$\dfrac {\mathrm d^{1000}}{\mathrm d x^{1000}}(x^{2}+4)e^{2x}$ using Maclaurin series?

Question

Find the maclaurin series for $f(x)=(x^{2}+4)e^{2x}$ and use this to calculate the 1000th derivative for $f(x)$ at $x=0$.

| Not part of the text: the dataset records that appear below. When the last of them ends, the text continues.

-- ===== src/Keyboard.antt =====
-- src/interrupts.rs: the keyboard's ring buffer and the handler of its scancodes. The statics are
-- the fields of a record; KEYBOARD_BUFFER is a list of 256 bytes.
pub mod Ring
pub mod Scancode
pub mod Typing
use Prim.Native.Nat.{bit_and}
use delta_os.Base.{
  ℕ, ◌+◌, ◌%◌, Bool, true, false, not, ◌||◌, List, [], ◌∷◌, if◌then◌else◌, ltb, ◌==◌, get_or, set,
  replicate,
}

pub record Keyboard : Type 0 where
  pub buffer : List ℕ
  pub head : ℕ
  pub tail : ℕ
  pub shift_pressed : Bool
  pub caps_lock : Bool

abbrev pub start_up : Keyboard
start_up = record {
  buffer = replicate 256 0;
  head = 0;
  tail = 0;
  shift_pressed = false;
  caps_lock = false;
}

unfoldable pub keyboard_has_data : Keyboard → Bool
keyboard_has_data k = not (k.head == k.tail)

unfoldable pub keyboard_read_char : Keyboard → ℕ × Keyboard
keyboard_read_char k =
    if k.head == k.tail
    then (0, k)
    else (get_or k.buffer k.tail 0, record k { tail = (k.tail + 1) % 256 })

unfoldable pub scancode_to_ascii : List ℕ
scancode_to_ascii =
    0 ∷ 27 ∷ 49 ∷ 50 ∷ 51 ∷ 52 ∷ 53 ∷ 54 ∷ 55 ∷ 56 ∷ 57 ∷ 48 ∷ 45 ∷ 61 ∷ 8 ∷ 9 ∷ 113 ∷ 119 ∷ 101
    ∷ 114 ∷ 116 ∷ 121 ∷ 117 ∷ 105 ∷ 111 ∷ 112 ∷ 91 ∷ 93 ∷ 10 ∷ 0 ∷ 97 ∷ 115 ∷ 100 ∷ 102 ∷ 103 ∷ 104
    ∷ 106 ∷ 107 ∷ 108 ∷ 59 ∷ 39 ∷ 96 ∷ 0 ∷ 92 ∷ 122 ∷ 120 ∷ 99 ∷ 118 ∷ 98 ∷ 110 ∷ 109 ∷ 44 ∷ 46 ∷ 47
    ∷ 0 ∷ 42 ∷ 0 ∷ 32 ∷ 0 ∷ 0 ∷ 0 ∷ 0 ∷ 0 ∷ 0 ∷ 0 ∷ 0 ∷ 0 ∷ 0 ∷ 0 ∷ 0 ∷ 0 ∷ 0 ∷ 0 ∷ 0 ∷ 0 ∷ 0 ∷ 0
    ∷ 0 ∷ 0 ∷ 0 ∷ 0 ∷ 0 ∷ 45 ∷ 0 ∷ 0 ∷ 0 ∷ 43 ∷ 0 ∷ 0 ∷ 0 ∷ 0 ∷ 0 ∷ 0 ∷ 0 ∷ 0 ∷ 0 ∷ 0 ∷ 0 ∷ 0 ∷ 0
    ∷ 0 ∷ 0 ∷ 0 ∷ 0 ∷ 0 ∷ 0 ∷ 0 ∷ 0 ∷ 0 ∷ 0 ∷ 0 ∷ 0 ∷ 0 ∷ 0 ∷ 0 ∷ 0 ∷ 0 ∷ 0 ∷ 0 ∷ 0 ∷ 0 ∷ 0 ∷ 0 ∷ 0
    ∷ 0 ∷ 0 ∷ 0 ∷ 0 ∷ []

unfoldable pub scancode_to_ascii_shift : List ℕ
scancode_to_ascii_shift =
    0 ∷ 27 ∷ 33 ∷ 64 ∷ 35 ∷ 36 ∷ 37 ∷ 94 ∷ 38 ∷ 42 ∷ 40 ∷ 41 ∷ 95 ∷ 43 ∷ 8 ∷ 9 ∷ 81 ∷ 87 ∷ 69 ∷ 82
    ∷ 84 ∷ 89 ∷ 85 ∷ 73 ∷ 79 ∷ 80 ∷ 123 ∷ 125 ∷ 10 ∷ 0 ∷ 65 ∷ 83 ∷ 68 ∷ 70 ∷ 71 ∷ 72 ∷ 74 ∷ 75 ∷ 76
    ∷ 58 ∷ 34 ∷ 126 ∷ 0 ∷ 124 ∷ 90 ∷ 88 ∷ 67 ∷ 86 ∷ 66 ∷ 78 ∷ 77 ∷ 60 ∷ 62 ∷ 63 ∷ 0 ∷ 42 ∷ 0 ∷ 32
    ∷ 0 ∷ 0 ∷ 0 ∷ 0 ∷ 0 ∷ 0 ∷ 0 ∷ 0 ∷ 0 ∷ 0 ∷ 0 ∷ 0 ∷ 0 ∷ 0 ∷ 0 ∷ 0 ∷ 0 ∷ 0 ∷ 0 ∷ 0 ∷ 0 ∷ 0 ∷ 0 ∷ 0
    ∷ 45 ∷ 0 ∷ 0 ∷ 0 ∷ 43 ∷ 0 ∷ 0 ∷ 0 ∷ 0 ∷ 0 ∷ 0 ∷ 0 ∷ 0 ∷ 0 ∷ 0 ∷ 0 ∷ 0 ∷ 0 ∷ 0 ∷ 0 ∷ 0 ∷ 0 ∷ 0
    ∷ 0 ∷ 0 ∷ 0 ∷ 0 ∷ 0 ∷ 0 ∷ 0 ∷ 0 ∷ 0 ∷ 0 ∷ 0 ∷ 0 ∷ 0 ∷ 0 ∷ 0 ∷ 0 ∷ 0 ∷ 0 ∷ 0 ∷ 0 ∷ 0 ∷ 0 ∷ 0 ∷ []

-- `(scancode & 0x80) != 0` and `scancode & 0x7F`.
unfoldable pub released : ℕ → Bool
released scancode = not (bit_and scancode 0x80 == 0)

unfoldable pub key_of : ℕ → ℕ
key_of scancode = bit_and scancode 0x7F

-- The innermost block of the handler: a character joins the ring unless the ring is full.
unfoldable pub enqueue : Keyboard → ℕ → Keyboard
enqueue k ch =
    let next_head : ℕ = (k.head + 1) % 256 in
    if next_head == k.tail
    then k
    else record k { buffer = set k.buffer k.head ch; head = next_head }

unfoldable pub char_of : Keyboard → ℕ → ℕ
char_of k key =
    get_or (if k.shift_pressed then scancode_to_ascii_shift else scancode_to_ascii) key 0

unfoldable pub press : Keyboard → ℕ → Keyboard
unfolding enqueue char_of
press k key = if ltb key 128 then if char_of k key == 0 then k else enqueue k (char_of k key) else k

unfoldable pub handle_keyboard_scancode : Keyboard → ℕ → Keyboard
handle_keyboard_scancode k scancode =
    let key : ℕ = key_of scancode in
    if (key == 0x2A) || (key == 0x36)
    then record k { shift_pressed = not (released scancode) }
    else if key == 0x3A
    then if not (released scancode) then record k { caps_lock = not k.caps_lock } else k
    else if released scancode
    then k
    else press k key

Im not sure how to start this, any help is appreciated thanks!

Answer 1

Hint: $f(x)=x^2e^{2x}+4e^{2x}$. Now it is easy to find the Maclaurin series, then we can differentiate term-by-term.

Answer 2

$$ e^x=1+x+\frac{x^2}{2!}+\ldots+\frac{x^n}{n!}+\ldots $$ $$ e^{2x}=1+(2x)+\frac{(2x)^2}{2!}+\ldots+\frac{(2x)^n}{n!}+\ldots $$ $$ (x^2+4)e^{2x}=\sum_{n=0}^\infty(x^2+4)\frac{(2x)^n}{n!}=\sum_{n=0}^\infty\frac{2^n}{n!}x^{n+2}+\sum_{n=0}^\infty \frac{2^{n+2}}{n!}x^n$$

Now the 1000th derivative at $x=0$ is just the coefficient at $x^{1000}$ times $1000!$ which is $$ 1000!\left[\frac{2^{998}}{998!}+\frac{2^{1002}}{1000!}\right] $$

Answer 3

Here is the derivation

$$ f(x)=(x^2+4)e^{2x}=\sum_{k=0}^{\infty} \frac{2^kx^{k+2}}{k!} + \sum_{k=0}^{\infty} \frac{2^{k+2}x^{k}}{k!}$$

$$ = \sum_{k=2}^{\infty} \frac{2^{k-2}x^{k}}{(k-2)!} + \sum_{k=2}^{\infty} \frac{2^{k+2}x^{k}}{k!} +4+8x $$

$$= 4+8x+\sum_{k=2}^{\infty} \left(\frac{2^{k-2}}{(k-2)!}+\frac{2^{k+2}}{k!}\right)x^k $$

$$ \implies \frac{f^{(k)}(0)}{k!} = \frac{2^{k-2}}{(k-2)!}+\frac{2^{k+2}}{k!},\quad k\geq2 $$

$$ \implies f^{(k)}(0) = k! \left(\frac{2^{k-2}}{(k-2)!}+\frac{2^{k+2}}{k!}\right),\quad k\geq2 $$

$$ \implies \frac{{2}^{k}}{4} \left( {k}^{2}-k+16 \right) $$

Substituting $k=1000$ in the above formula gives the desired result.